Secondly, the language in the national planning policy framework on avoiding light pollution should be significantly expanded, allowing local planning authorities to impose specific planning conditions related to external lighting, including curfew hours, standards for brightness, colour temperature, as well as the direction and the density of lighting. The most recent NPPF from 2019 makes very little reference to lighting, with paragraph 180(c) being the only reference, which states:
“limit the impact of light pollution from artificial light on local amenity, intrinsically dark landscapes and nature conservation.”
Although a number of local authorities have adopted policies that seek to do that, in practice most development proposals are simply not assessed against such policies. CPRE’s “Shedding Light” survey found that almost two-thirds of local authorities do not have a lighting policy in their local plan and only a third had proactively adopted one to comply with the NPPF.
This need not be the case. The South Downs national park contains approximately 2,800 local authority streetlights, all of which point downwards and minimise the colour temperature. National planning policy on light pollution should require all proposed developments to conduct a dark sky impact assessment and ensure there is no net impact of a scheme on a dark sky location. Much of this could be overseen and enforced by a new statutory commission for the dark skies to develop standards and regulations, and work with local authorities to enforce them. We should also create a national programme of best practice, dark sky hours, in which categories of lighting can be dimmed or turned off completely in consultation with the community, lighting professionals and the police.
My hon. Friend and I share much the same views on dark skies: I am a huge fan. While we need to be careful of safety at night, people walking, pavements and safe passage home, does my good friend agree that turning out the lights could save councils an absolute fortune in money and cost?

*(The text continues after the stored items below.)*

-- ===== src/Lib.antt =====
-- Verification library of the Scylla Rust driver: the core of the crates `scylla` and
-- `scylla-cql`, by hand from their sources, with the theorems that make it correct.
--
-- How the program's parts interact. A session routes a request: the partitioner of the table gives
-- the token of its partition key (scylla/src/routing/partitioner.rs); the table's tablets
-- (scylla/src/routing/locator/tablets.rs) or the keyspace's strategy on the token ring
-- (token_ring.rs, replication_info.rs and precomputed_replicas.rs beside it) give the replicas; the
-- sharder gives the shard and, for a new connection, the source port that leads to it
-- (scylla/src/routing/sharding.rs). On a connection the request gets a stream id, under which the
-- response finds it again (scylla/src/network/connection.rs). The bodies of the frames are made of
-- primitive types (scylla-cql/src/frame/types.rs). When an attempt fails, with an error of the
-- server (scylla-cql/src/frame/response/error.rs) or of the connection, the retry session of the
-- request decides what is next (scylla/src/policies/retry/).
--
-- Which file models which part:
-- - Frame/Consistency, Frame/DbError: `Consistency` and `SerialConsistency` with their conversions,
--   `DbError`, `OperationType` and `WriteType` with theirs.
-- - Frame/ErrorResponse: `Error::deserialize` of scylla-cql/src/frame/response/error.rs; its
--   `Encoding` is the layout of the body that the protocol describes.
-- - Frame/Wire: the readers and writers of scylla-cql/src/frame/types.rs. A reader takes the bytes
--   left and gives the value with the bytes behind it; `Wire/Lengths`, `Wire/Strings` and
--   `Wire/Inet` hold the round trips, and `Wire/Inet` the definitions on socket addresses.
-- - Network/StreamIdSet, Network/Orphanage, Network/HandlerMap: the structs of the same names
--   (`OrphanageTracker`, `ResponseHandlerMap`) of scylla/src/network/connection.rs. The writer, the
--   orphaner and the reader of a connection take a lock for each call of the map, so a run is a
--   sequence of calls: `Network/HandlerMap/Steps` is that step relation.
-- - Policies/Retry: the sessions of default.rs, downgrading_consistency.rs and fallthrough.rs below
--   scylla/src/policies/retry, as functions from the session's state and the failure to the new
--   state and the decision.
-- - Policies/Plans: `Plan` of scylla/src/policies/load_balancing/plan.rs; a policy is what its
--   `pick` and its `fallback` give for one request.
-- - Policies/Timestamps: `MonotonicTimestampGenerator` of
--   scylla/src/policies/timestamp_generator.rs; `Threads` is a generator with the threads that are
--   in `next_timestamp`, and what they returned. The clock is cut to an `i64` as in the code.
-- - Routing/Partitioners: scylla/src/routing/partitioner.rs; the hashers with their `write` and
--   `finish`, and below `Keys` the token of a serialized partition key. `Feeding` is the
--   specification: a hasher that takes one byte at a time.
-- - Routing/Ring, Routing/Replication: `TokenRing`, `ReplicationInfo` with
--   `NtsReplicasInDatacenterIterator`, and below `Precomputed` the `PrecomputedReplicas`, each of
--   the file of its name in scylla/src/routing/locator. A set or a hash map that is only asked for
--   members or entries is a list or a function; an iterator is the list of what it gives.
-- - Routing/Tablets: scylla/src/routing/locator/tablets.rs; `Replicas` is `TabletReplicas` and
--   `Tablet`, `Table` is `TableTablets`, `Maintenance` is what follows a change of the topology, and
--   `Info` is `TabletsInfo`.
-- - Routing/Sharding: `Token` of scylla/src/routing/mod.rs, and `Sharder` and
--   `ShardAwarePortRange` of scylla/src/routing/sharding.rs.
-- - Prelude: names of the libraries, and lists, options, results, integers, bytes and bits.
--
-- How code is modelled. Methods that change `self` take the state and give the new one. A panic (an
-- `assert!`, an index out of bounds, an overflow) is `none`, an `Err` a value of `Result`. Integers
-- are natural numbers or ℤ with their bounds as hypotheses and their wrap-around written out; an
-- overflow that panics is a panic of the model, as in a build with overflow checks. A hash map is a
-- function into `Option`, with its `is_empty` where the code asks for it; an `Arc` is a node with an
-- address, which `Arc::ptr_eq` compares. A text is its bytes.
--
-- `partition_point` is a scan for the first element that fails the test, which is what the standard
-- library promises of a list that the test partitions; of any other list it promises nothing, so the
-- theorems on `tablet_for_token` and `add_tablet` that depend on the position are about ordered tables.
--
-- Loops are structural recursion, but for three on fuel. `stepped` of Routing/Sharding has as many
-- rounds as there are numbers below its bound, and `count-stepped` shows that this is enough for
-- every step above 0. `hash_blocks` of Routing/Partitioners has one round more than the part has
-- bytes, and takes 16 bytes in each; that it runs out is a `none` like a panic, which the theorems
-- on `write` exclude. `collect` of Routing/Replication has one call more than there are replicas to
-- find.
--
-- What is a parameter: `random_range` of the crate `rand`, with the bounds that it documents; the
-- big-endian integers of `byteorder` and `bytes`, of which a reader gives back what the writer
-- wrote (Frame/Wire/Examples has an instance); `get_i64` and `get_i64_le` of `bytes` for the
-- partitioners, which read the first eight bytes (instance in Routing/Partitioners/Examples);
-- `binary_search_by` of a slice, which may give any of several matches (instance in
-- Routing/Replication/Examples); and `Instant::checked_add`, whose range depends on the platform.
--
-- What is not modelled: sessions, connection pools, the cluster worker and its metadata queries,
-- which are asynchronous input and output around the parts above; the load balancing policies, the
-- replica locator, which chooses among the sources of replicas above; the requests of the protocol,
-- and its responses but for errors; compression, TLS, authentication; serialization of values and the derive
-- macros; metrics, history and tracing, which decide nothing; the proxy, the examples and the
-- benchmarks. In tablets.rs, the decoding of the custom payload is left out, in
-- types.rs the maps and the vints, in sharding.rs the parsing of the server's options.
pub mod Prelude
pub mod Frame
pub mod Policies
pub mod Network
pub mod Routing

As ever, my hon. Friend, with his varied experience that he brings to the House, makes an excellent point. Not only can hard-pressed local councils save money that they can redirect to supporting their residents elsewhere, but there is also, surprisingly, no evidence at all that street lighting contributes to greater safety and it has impacts on the environment, as well as some of the other impacts that we talk about. He makes a very good point.
Before we leave the planning process, we cannot ignore the elephant—or perhaps I should say the Ursa Major—in the room: over-development in the south-east. I pick up a point that the hon. Member for Westmorland and Lonsdale (Tim Farron) has already made. I have spoken on these matters many times in this House in my short year here, and I make no apology for doing so again tonight. Right now, my constituents face a veritable clone army of developments, with proposals in Adversane, Barnham, Ford, Kirdford, West Grinstead, Mayfield and every compass point in between.
Consideration of light pollution in the planning system can only be palliative relief while the Minister’s Department consults on taking an algorithm that already lists heavily towards the overcrowded south-east and tilting it still further, rather than levelling up. We are building the wrong types of dwellings in the wrong place. Before the second world war, roughly a fifth of the population lived in the south of England outside London, while twice as many lived in the north and Scotland taken together. Now, equal numbers live in both. We should be building far more in our great urban centres of London, Birmingham, Manchester, Leeds, Liverpool and many others—building environmentally friendly supertalls that reach up to the stars, instead of concreting over our last remaining natural places. We should be pursuing commercial to residential conversion on a galactic scale in places where the infrastructure already exists.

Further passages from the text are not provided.